I sold most of my piranha so that I could concentrate on the build redesign. At first, the idea was to build a bunch of show tanks and put an office in the basement, but that has been pushed aside for a sort of breeding/show tank/ business - thing.

I have a 960 (just took a video of me swimming in it last week), 720G, 520G x2, 400G, 240G, and 160G x 5. About 65% of this is up and running, the other 35% needs to be plumbed.

I am builing a real big tank... 6x16x?? - just not sure how high I should go.

So, that is the complicated fun I have going on.


----------



## CLUSTER ONE (Aug 2, 2006)

Plum said:


> I am builing a real big tank... 6x16x?? - just not sure how high I should go.


Is this goign to be acylic or are you diy with some wood or cement? Your from ottawa right and not TO? So your starting some importing buisness i guess?


----------



## BRUNER247 (Jun 2, 2010)

Thanks plum I didn't wanna be nosey but you kind of hinted that you might try breeding piranha,n that's all it too to get me interested.lol thought you might be tryn some of the things I working for too.quite the list of tanks there plum!very impressive! Makes me wanna step up my game. I for sure be looking for more videos n such from you!


----------



## Plum (May 4, 2006)

CLUSTER ONE said:


> I am builing a real big tank... 6x16x?? - just not sure how high I should go.


Is this goign to be acylic or are you diy with some wood or cement? Your from ottawa right and not TO? So your starting some importing buisness i guess?
[/quote]

Outside of Ottawa. DIY build is out of wood, acrylic and truck bed liner.

The importing business will be a side venutre of my other activities - it is not, nor will it ever be a large profit generator - and this is how I want it to be.

To make a lot of money at importing, I would have to do a lot of work and devote alot of time... that time is focused elsewhere, and in my case, for good reason.


----------



## Plum (May 4, 2006)

BRUNER247 said:


> Thanks plum I didn't wanna be nosey but you kind of hinted that you might try breeding piranha,n that's all it too to get me interested.lol thought you might be tryn some of the things I working for too.quite the list of tanks there plum!very impressive! Makes me wanna step up my game. I for sure be looking for more videos n such from you!


Not a big deal, if I did not want to answer I would not have.

Yes, perhaps will try breeding.. it has crossed my mind. I will have lots of water, and have made some of the tanks "closed" ( no window) with that in mind. I also made sure to have large tanks, and the smaller 160G so that I am able to separate when needed.
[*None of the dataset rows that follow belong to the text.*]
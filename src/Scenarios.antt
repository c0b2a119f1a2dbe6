-- ===== src/Scenarios.antt =====
-- Tests: runs of the development's definitions on concrete inputs, and its theorems applied there.
mod Runs
mod Leases
mod Agent
mod Messages
mod Arguments
mod Api
mod Adapters
mod Outboxes
mod Databases
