-- ===== src/Scenarios/Adapters.antt =====
-- A streamed response of the OpenAI-compatible adapter, and the calls of a scripted one.
use reliable_agent_runtime.Prelude.{
  Dict, List, Result, String, [], arith, get_elem?, if◌then◌else◌, length, none, ok, or_zero, pos,
  refl, some, ℕ, ℤ, ◌*◌, ◌+◌, ◌<◌, ◌==◌, ◌∷◌, ◌≡◌, ◌≢◌, ◌≤◌,
}
use reliable_agent_runtime.Adapter.Body.{HasTools, IsCommon, request_body-IsRequestBody}
use reliable_agent_runtime.Adapter.Builders.{builder_at-spelled, of_index, spelled}
use reliable_agent_runtime.Adapter.Call.{Adapter, BodyValue, request_body}
use reliable_agent_runtime.Adapter.Chunks.{StreamChunk, ToolDelta, after_prefix, line_kind}
use reliable_agent_runtime.Adapter.Consume.{
  HttpResponse, consume_stream, stream_response, take_choice, take_choices, take_chunk,
  take_content, take_end, take_finish, take_line, take_lines, take_usage,
}
use reliable_agent_runtime.Adapter.Cost.{cost_micros_of, cost_micros_of_bounds}
use reliable_agent_runtime.Adapter.Emission.{
  Outlet, Selects, add_delta, add_deltas, builder_at, complete_builder, completed_event,
  delta_event, emit_from, emit_tool_calls, extended_by, send,
}
use reliable_agent_runtime.Adapter.Emitted.{AreEmitted, emit_tool_calls-AreEmitted}
use reliable_agent_runtime.Adapter.Fake.{after_requests, begin_call, begin_call-scripted, scripted}
use reliable_agent_runtime.Adapter.Streams.{stream_response-Transcript}
use reliable_agent_runtime.Adapter.Transcript.{Transcript}
use reliable_agent_runtime.Domain.{RawMessage}
use reliable_agent_runtime.Http.Text.{is_space, trim_left, trim_right, trim_space}
use reliable_agent_runtime.Model.{ModelEvent, Request, ToolCall, Usage}

abbrev adapter : Adapter
adapter = record {
  endpoint = "https://models/chat/completions";
  config = record {
    base_url = "https://models";
    parsed_url = some ("https", "models");
    api_key = "key";
    model = "m";
    max_tokens = pos 100;
    input_micros_per_million = pos 270000;
    output_micros_per_million = pos 1100000;
    extra_body = ("model", "other") ∷ [];
  };
}

abbrev fragment : ℤ → String → String → String → ToolDelta
fragment index id name arguments = record {
  index = index;
  id = id;
  name = name;
  arguments = arguments;
}

abbrev fragments : List ToolDelta
fragments =
    fragment (pos 0) "c0" "lookup" "{\"q\":"
    ∷ fragment (pos 1) "c1" "list" "{}"
    ∷ fragment (pos 0) "" "" "1}"
    ∷ []

-- The first line speaks, the second calls the tools.
abbrev decoded : String → Result String StreamChunk
decoded payload =
    if payload == "1"
    then ok (record {
      choices = record { content = "hi"; tool_deltas = []; finish_reason = "" } ∷ [];
      token_counts = none;
    })
    else ok (record {
      choices = record { content = ""; tool_deltas = fragments; finish_reason = "tool_calls" } ∷ [];
      token_counts = some (pos 12, pos 5);
    })

abbrev lines : List String
lines = "data: 1" ∷ "" ∷ "data: 2" ∷ "data: [DONE]" ∷ []

abbrev all_go_on : Selects
all_go_on n = none

-- The stream ends without an error and with four events.
streams_well :
    ((consume_stream adapter all_go_on decoded none lines).1 ≡ none)
    × (length (consume_stream adapter all_go_on decoded none lines).0.out.sent ≡ 4)
unfolding consume_stream take_lines take_line take_chunk take_usage take_choices take_choice
    take_content take_finish take_end emit_tool_calls emit_from send complete_builder builder_at
    add_deltas add_delta extended_by line_kind after_prefix trim_space trim_left trim_right is_space
    cost_micros_of
streams_well = (refl, refl)

abbrev first_request : Request
first_request = record {
  run_id = "run_1";
  turn = pos 1;
  messages =
      record {
        role = "user";
        content = "hello";
        tool_call_id = "";
        tool_name = "";
        tool_calls = [];
      }
      ∷ [];
  tools = [];
}

abbrev answer : String → RawMessage → Result String HttpResponse
answer endpoint encoded =
    ok (record { status_code = 200; error_text = ""; body_lines = lines; scan_error = none })

abbrev encoded_body : Dict BodyValue → Result String RawMessage
encoded_body body = ok "{}"

stream_response-Transcript_example :
    (said : String) × Transcript adapter
      (stream_response adapter all_go_on decoded encoded_body answer first_request).0.out.sent
      said
stream_response-Transcript_example =
    stream_response-Transcript adapter all_go_on decoded encoded_body answer first_request

builder_at-spelled_example :
    builder_at (pos 0) (add_deltas fragments []) ≡ spelled (of_index (pos 0) fragments)
builder_at-spelled_example = builder_at-spelled (pos 0) fragments

abbrev silent : Outlet
silent = record { selects = 0; sent = [] }

emits_well : (emit_tool_calls all_go_on silent (add_deltas fragments [])).1 ≡ none
unfolding emit_tool_calls emit_from send complete_builder builder_at add_deltas add_delta
    extended_by
emits_well = refl

emit_tool_calls-AreEmitted_example :
    AreEmitted all_go_on
      (add_deltas fragments [])
      0
      (length (add_deltas fragments []))
      []
      (emit_tool_calls all_go_on silent (add_deltas fragments [])).0.sent
emit_tool_calls-AreEmitted_example =
    emit_tool_calls-AreEmitted all_go_on (add_deltas fragments []) silent emits_well

abbrev some_usage : Usage
some_usage = record { input_tokens = pos 1200; output_tokens = pos 340; cost_micros = pos 0 }

cost_micros_of_bounds_example :
    (cost : ℕ) × (cost_micros_of some_usage (pos 270000) (pos 1100000) ≡ pos cost)
    × (cost * 1000000 ≤ 1200 * 270000 + 340 * 1100000)
    × (1200 * 270000 + 340 * 1100000 < (cost + 2) * 1000000)
cost_micros_of_bounds_example =
    cost_micros_of_bounds 1200 340 270000 1100000 some_usage refl refl (omega arith) (omega arith)

abbrev lookup_call : ToolCall
lookup_call = record { id = "1"; name = "lookup"; arguments = "{}" }

-- The turn behind a tool call.
abbrev second_request : Request
second_request = record {
  run_id = "run_1";
  turn = pos 2;
  messages =
      record {
        role = "assistant";
        content = "";
        tool_call_id = "";
        tool_name = "";
        tool_calls = lookup_call ∷ [];
      }
      ∷ record {
        role = "tool";
        content = "42";
        tool_call_id = "1";
        tool_name = "lookup";
        tool_calls = [];
      }
      ∷ [];
  tools = record { name = "lookup"; description = "finds"; input_schema = "{}" } ∷ [];
}

request_body-IsRequestBody_example :
    IsCommon adapter second_request (request_body adapter second_request)
    × (second_request.tools ≢ []
        → HasTools second_request.tools (request_body adapter second_request))
request_body-IsRequestBody_example = request_body-IsRequestBody adapter second_request

abbrev script : List (List ModelEvent)
script = (delta_event "a" ∷ []) ∷ (completed_event "b" ∷ []) ∷ []

begin_call-scripted_example :
    ((begin_call (after_requests (scripted script) (first_request ∷ [])) first_request).1
      ≡ or_zero [] (get_elem? script 1))
    × ((begin_call (after_requests (scripted script) (first_request ∷ [])) first_request).0.requests
        ≡ first_request ∷ first_request ∷ [])
begin_call-scripted_example = begin_call-scripted script (first_request ∷ []) first_request
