-- ===== src/Infra/Factory/Molecule.antt =====
-- The dispatch of a molecule in daemon/src/infra/factory-dispatch.ts. The bd command line and the dispatch
-- of one prompt, which the code takes as `DispatchDependencies`, are the record `Dependencies` of functions
-- of the number of calls made before.
use repomap_core.Prelude.{
  ℕ, suc, ◌+◌, ◌-◌, String, Bool, true, false, ◌&&◌, List, [], ◌∷◌, ◌++◌, Option, none, some, ltb,
  length, if◌then◌else◌, or_else,
}
use repomap_core.Prelude.Json.{Json}
use repomap_core.Infra.Factory.{
  FactoryDispatchConfig, ExitCode, MoleculeStep, extract_step_config, filled, build_cook_command,
  build_pour_command, build_show_command, parse_cook_proto_id, parse_molecule_id, is_object_like,
  resolve_effective_steps,
}

pub data StepStatus : Type 0 where
  dispatched skipped failed completed : StepStatus

-- `dispatch exit code ${code}`, or the message of an exception
pub data StepError : Type 0 where
  dispatch_exit_code : ExitCode → StepError
  message : String → StepError

pub record StepEntry : Type 0 where
  pub step_id : String
  pub bead_id : String
  pub mode : String
  pub card : Option String
  pub session_id : Option String
  pub status : StepStatus
  pub result : Option String
  pub elapsed_seconds : Option ℕ
  pub error : Option StepError

pub record MoleculeDispatchResult : Type 0 where
  pub molecule_id : String
  pub formula : String
  pub steps : List StepEntry
  pub total_steps : ℕ
  pub dispatched_steps : ℕ
  pub skipped_steps : ℕ
  pub failed_steps : ℕ

-- `MoleculeStepDispatchOutcome`
pub record StepOutcome : Type 0 where
  pub code : ExitCode
  pub session_id : Option String
  pub result : Option String
  pub elapsed_seconds : Option ℕ

-- what the dispatch of one prompt gives: an exit code, an outcome, or an exception with its message
pub data SingleReply : Type 0 where
  exit : ExitCode → SingleReply
  outcome : StepOutcome → SingleReply
  threw : String → SingleReply

pub record Dependencies (Num : Type 0) : Type 0 where
  -- none where the command fails or prints no JSON
  pub exec_bd : ℕ → List String → Option (Json Num)
  pub run_single_dispatch : ℕ → FactoryDispatchConfig → Bool → SingleReply

-- the fields that are left out where they are empty
abbrev pub filled_only : Option String → Option String
filled_only none = none
filled_only (some text) = filled text

unfoldable pub extract_outcome_details : StepOutcome → StepOutcome
extract_outcome_details o = record {
  code = o.code;
  session_id = filled_only o.session_id;
  result = filled_only o.result;
  elapsed_seconds = o.elapsed_seconds;
}

abbrev pub no_details : ExitCode → StepOutcome
no_details code = record { code = code; session_id = none; result = none; elapsed_seconds = none }

abbrev pub entry_of :
    MoleculeStep → String → String → StepStatus → StepOutcome → Option StepError → StepEntry
entry_of step mode card status details error = record {
  step_id = step.id;
  bead_id = step.id;
  mode = mode;
  card = filled card;
  session_id = details.session_id;
  status = status;
  result = details.result;
  elapsed_seconds = details.elapsed_seconds;
  error = error;
}

abbrev pub mode_of : FactoryDispatchConfig → MoleculeStep → String
mode_of config step = or_else (extract_step_config step.labels).mode config.mode

abbrev pub card_of : FactoryDispatchConfig → MoleculeStep → String
card_of config step = or_else (extract_step_config step.labels).card config.card_id

unfoldable pub step_config : FactoryDispatchConfig → MoleculeStep → FactoryDispatchConfig
step_config config step = record config {
  mode = mode_of config step;
  card_id = card_of config step;
  bead_id = step.id;
  prompt_arg = step.description;
  title = step.title;
}

abbrev pub is_success : ExitCode → Bool
is_success ExitCode.success = true
is_success _ = false

-- what becomes of the result where the dispatch of a step came to an exit code
unfoldable pub on_code :
    FactoryDispatchConfig
    → MoleculeStep
    → StepOutcome
    → MoleculeDispatchResult
    → MoleculeDispatchResult
on_code config step details r =
    let mode = mode_of config step in
    let card = card_of config step in
    if is_success details.code
    then record r {
      dispatched_steps = r.dispatched_steps + 1;
      steps =
          r.steps
          ++ entry_of step mode card
              (if config.no_monitor then StepStatus.dispatched else StepStatus.completed) details
              none
            ∷ [];
    }
    else record r {
      failed_steps = r.failed_steps + 1;
      steps =
          r.steps
          ++ entry_of step mode card StepStatus.failed details
              (some (dispatch_exit_code details.code))
            ∷ [];
    }

unfoldable pub on_reply :
    FactoryDispatchConfig
    → MoleculeStep
    → SingleReply
    → MoleculeDispatchResult
    → MoleculeDispatchResult
unfolding on_code extract_outcome_details
on_reply config step (exit code) r = on_code config step (no_details code) r
on_reply config step (outcome o) r = on_code config step (extract_outcome_details o) r
on_reply config step (threw error) r = record r {
  failed_steps = r.failed_steps + 1;
  steps =
      r.steps
      ++ entry_of step (mode_of config step) (card_of config step) StepStatus.failed
          (no_details ExitCode.general_error) (some (message error))
        ∷ [];
}

unfoldable pub skip_step :
    FactoryDispatchConfig → MoleculeStep → MoleculeDispatchResult → MoleculeDispatchResult
skip_step config step r = record r {
  skipped_steps = r.skipped_steps + 1;
  steps =
      r.steps
      ++ entry_of step (mode_of config step) (card_of config step) StepStatus.skipped
          (no_details ExitCode.success) none
        ∷ [];
}

abbrev pub is_parent : MoleculeStep → Bool
is_parent step = (extract_step_config step.labels).is_parent

-- a value, or the exit code with which the pipeline gives up
pub data Attempt (A : Type 0) : Type 0 where
  got : A → Attempt A
  gave_up : ExitCode → Attempt A

infixl 5 ◌>>=◌
abbrev pub ◌>>=◌ : {A B : Type 0} → Attempt A → (A → Attempt B) → Attempt B
got a >>= f = f a
gave_up code >>= f = gave_up code

-- what is missing ends the pipeline with a general error
abbrev pub required : {A : Type 0} → Option A → Attempt A
required none = gave_up ExitCode.general_error
required (some a) = got a

abbrev pub no_result : FactoryDispatchConfig → String → ℕ → MoleculeDispatchResult
no_result config molecule_id total = record {
  molecule_id = molecule_id;
  formula = config.formula;
  steps = [];
  total_steps = total;
  dispatched_steps = 0;
  skipped_steps = 0;
  failed_steps = 0;
}

unfoldable pub exit_of : MoleculeDispatchResult → ExitCode
exit_of r =
    if ltb 0 (r.total_steps - r.skipped_steps) && ltb 0 r.failed_steps
    then ExitCode.general_error
    else ExitCode.success

-- the exit code, and the result that is printed
abbrev pub finish : Attempt MoleculeDispatchResult → ExitCode × Option MoleculeDispatchResult
finish (got r) = (exit_of r, some r)
finish (gave_up code) = (code, none)

-- `BdPipelineResult`
pub record BdPipelineResult (Num : Type 0) : Type 0 where
  pub cooked_output : Json Num
  pub poured_output : Json Num
  pub showed_output : Json Num
  pub proto_id : String
  pub molecule_id : String

module _ {Num : Type 0} where
  -- the loop, with the number of dispatches made before
  unfoldable pub dispatch_molecule_steps :
      Dependencies Num
      → FactoryDispatchConfig
      → ℕ
      → List MoleculeStep
      → MoleculeDispatchResult
      → MoleculeDispatchResult
  unfolding on_reply skip_step step_config
  dispatch_molecule_steps deps config n [] r = r
  dispatch_molecule_steps deps config n (step ∷ steps) r =
      let passed = dispatch_molecule_steps deps config n steps (skip_step config step r) in
      let rest =
        dispatch_molecule_steps deps config (suc n) steps
          (on_reply config step (deps.run_single_dispatch n (step_config config step) true) r) in
      if is_parent step then passed else rest

  abbrev pub required_object : Json Num → Attempt (Json Num)
  required_object j = if is_object_like j then got j else gave_up ExitCode.general_error

  unfoldable pub run_bd_pipeline :
      Dependencies Num → FactoryDispatchConfig → ℕ → Attempt (BdPipelineResult Num)
  unfolding build_cook_command build_pour_command parse_cook_proto_id parse_molecule_id
  run_bd_pipeline deps config n = do
    cooked ← required (deps.exec_bd n (build_cook_command config.formula config.vars false))
    persisted ← required (deps.exec_bd (n + 1) (build_cook_command config.formula config.vars true))
    proto_id ← required (parse_cook_proto_id persisted)
    poured ← required (deps.exec_bd (n + 2) (build_pour_command proto_id config.vars))
    molecule_id ← required (parse_molecule_id poured)
    answer ← required (deps.exec_bd (n + 3) (build_show_command molecule_id))
    showed ← required_object answer
    got (record {
      cooked_output = cooked;
      poured_output = poured;
      showed_output = showed;
      proto_id = proto_id;
      molecule_id = molecule_id;
    })

  unfoldable pub dispatch_all :
      Dependencies Num → FactoryDispatchConfig → ℕ → BdPipelineResult Num → MoleculeDispatchResult
  unfolding dispatch_molecule_steps resolve_effective_steps
  dispatch_all deps config n p =
      let steps =
        resolve_effective_steps p.cooked_output p.poured_output p.showed_output p.proto_id in
      dispatch_molecule_steps deps config (n + 4) steps
        (no_result config p.molecule_id (length steps))

  unfoldable pub run_molecule_dispatch :
      Dependencies Num → FactoryDispatchConfig → ℕ → ExitCode × Option MoleculeDispatchResult
  unfolding run_bd_pipeline dispatch_all exit_of extract_step_config
  run_molecule_dispatch deps config n =
      finish (run_bd_pipeline deps config n >>= λ p. got (dispatch_all deps config n p))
I devoted a extra time to filtration and powerheads, which I think will pay dividends.

I am frankly just facinated with learning about it. I have a bunch of Geryi and Ruby Red's supposed to land in the next 3 weeks, along with a large amount of Cariba - so this will be my starting point.

It's really fun - I have a blast with it, though must get a better HD camecorder.


----------